Tuesday 21 January 2014

java.io.Serializable and serialVersionUID explained

When you mark a class as Serializable, Eclipse (perhaps other IDEs, too) will issue a warning and provide you with a set of options: One (1) is to ignore the warning and just carry on, (2) is to let the IDE assist you with generation of a serialVersionUID (actually generated by your JDK), and the last option (3) is for the IDE to assign a default serialVersionUID to your class. Let's explore these options and see which one to pick and why.

Definition

Every Java class implementing the marker interface java.io.Serializable must define a static final serialVersionUID of type long (any access modifier allowed). If not provided by the programmer, the JVM will generate one at runtime.

The serialization runtime associates with each serializable class a version number, called a serialVersionUID, which is used during deserialization to verify that the sender and receiver of a serialized object have loaded classes for that object that are compatible with respect to serialization. If the receiver has loaded a class for the object that has a different serialVersionUID than that of the corresponding sender's class, then deserialization will result in an InvalidClassException.

No serialVersionUID

If a class does not define this constant and is serialized using the standard Java serialization process, the serialVersionUID generated at runtime will be used and stored in the serialized output. If we later decide to add this constant to the Serializable class, and choose to use a default of 1L, any previously serialized objects of this same class, although in theory compatible, will fail to deserialize with a InvalidClassException.

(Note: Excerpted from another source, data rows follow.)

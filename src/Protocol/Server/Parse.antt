-- ===== src/Protocol/Server/Parse.antt =====
-- The parsers of server/src/protocol.cpp. `none` is the answer `false`. The number fields come
-- from the struct's image already in host order.
use qt_linux_im_project.Base.{Bytes, Option, none, some, ltb, if◌then◌else◌, length}
use qt_linux_im_project.Wire.Text.{terminate}
use qt_linux_im_project.Wire.Message.{
  LoginRequest, ChatMessage, FileOffer, FileOfferResponse, size_of_login_request,
  size_of_chat_message, size_of_file_offer, size_of_file_offer_response,
}
use qt_linux_im_project.Wire.Message.Login.{get_login_request}
use qt_linux_im_project.Wire.Message.Chat.{get_chat_message}
use qt_linux_im_project.Wire.Message.File.{get_file_offer, get_file_offer_response}

unfoldable pub terminate_login_request : LoginRequest → LoginRequest
terminate_login_request req = record req {
  client_id = terminate 32 req.client_id;
  nickname = terminate 64 req.nickname;
}

unfoldable pub parse_login_request : Bytes → Option LoginRequest
unfolding terminate_login_request
parse_login_request bytes =
    if ltb (length bytes) size_of_login_request
    then none
    else some (terminate_login_request (get_login_request bytes))

unfoldable pub terminate_chat_message : ChatMessage → ChatMessage
terminate_chat_message msg = record msg {
  from_id = terminate 32 msg.from_id;
  from_nick = terminate 64 msg.from_nick;
  to_id = terminate 32 msg.to_id;
  message = terminate 256 msg.message;
}

unfoldable pub parse_chat_message : Bytes → Option ChatMessage
unfolding terminate_chat_message
parse_chat_message bytes =
    if ltb (length bytes) size_of_chat_message
    then none
    else some (terminate_chat_message (get_chat_message bytes))

unfoldable pub terminate_file_offer : FileOffer → FileOffer
terminate_file_offer offer = record offer {
  file_id = terminate 37 offer.file_id;
  from_id = terminate 32 offer.from_id;
  from_nick = terminate 64 offer.from_nick;
  to_id = terminate 32 offer.to_id;
  file_name = terminate 256 offer.file_name;
}

unfoldable pub parse_file_offer : Bytes → Option FileOffer
unfolding terminate_file_offer
parse_file_offer bytes =
    if ltb (length bytes) size_of_file_offer
    then none
    else some (terminate_file_offer (get_file_offer bytes))

unfoldable pub terminate_file_offer_response : FileOfferResponse → FileOfferResponse
terminate_file_offer_response rsp = record rsp {
  file_id = terminate 37 rsp.file_id;
  message = terminate 64 rsp.message;
}

unfoldable pub parse_file_offer_response : Bytes → Option FileOfferResponse
unfolding terminate_file_offer_response
parse_file_offer_response bytes =
    if ltb (length bytes) size_of_file_offer_response
    then none
    else some (terminate_file_offer_response (get_file_offer_response bytes))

Generated serialVersionUID

Therefore, if there are already serialized copies of objects that are using a JVM-provided serialVersionUID, it’s best to select the option to generate the serialVersionUID in you IDE, which will come up with an UID matching the UID of objects previously serialized. This is especially important if we want to make compatible changes to the class and not break the current deserialization process. First, generate a serialVersionUID from the class marked Serializable that does not explicitly define this constant (use your IDE, or the JDK utility serialver to generate the correct UID), then add fields (or other compatible changes) to the class then recompile. The compiler will bake your explicitly defined serialVersionUID into the class definition and your new code will be able to deserialize both the old and the new versions of the serialized objects, as these will both have a matching serialVersionUID.

Note, however, that different JVM implementations compute this number differently, so the UID of source/destination might not match; thus serialization between different systems would not work.

Default serialVersionUID

On the other hand, we have the option to use default serialVersionUID numbers. These are a good choice for new Serializable classes. Note that every time we make incompatible changes to a Serializable class, we must remember to update the serialVersionUID number. This is easier to do when we explicitly define a small version number, such as 1L. When creating a new Serializable class, there’s no reason to generate the serialVersionUID, as there won’t be any already serialized objects of this new class. Define a default serialVersionUID of 1L and remember to update this version number every time you make an incompatible change to the class.

Wednesday 15 January 2014

Log4j logger hierarchies and Java nested classes

According to this LOG4J article, A logger is said to be an ancestor of another logger if its name followed by a dot is a prefix of the descendant logger name. So beware of nested classes!

  <logger name="com.my_group_id.MyClassDontLogDebug">
    <level value="error" />
  </logger>

  <logger name="com.my_group_id">
    <level value="debug" />
  </logger>

Any DEBUG-level log statements from the MyClassDontLogDebug will be ignored, as expected. However, any DEBUG-level log statements from any loggers obtained from classes nested inside MyClassDontLogDebug will be appearing in your logs. And that despite the fact that nested classes are members of MyClassDontLogDebug! The problem is that the class name will include a dollar sign "$" to separate the nested class name from its nesting class. For example, when com.my_group_id.MyClassDontLogDebug$MyNestedClass acquires a logger in the usual fashion - LogFactory.getLog(getClass()); - the logger will not inherit logging level from MyClassDontLogDebug, as it's not its ancestor. It will become a child of the com.my_group_id parent logger, and inherit the DEBUG logging level, despite our efforts to stop logging at DEBUG level from the MyClassDontLogDebug class.

Re-read the definition carefully again: A logger is said to be an ancestor of another logger if its name followed by a dot is a prefix of the descendant logger name. A logger is said to be a parent of a child logger if there are no ancestors between itself and the descendant logger.

Take the name of our logger "com.my_group_id.MyClassDontLogDebug", append a dot, "com.my_group_id.MyClassDontLogDebug." and see if it is a prefix of "com.my_group_id.MyClassDontLogDebug$MyNestedClass" and behold! it's not. There's the dollar sign. Caught me out. Don't let it catch YOU out.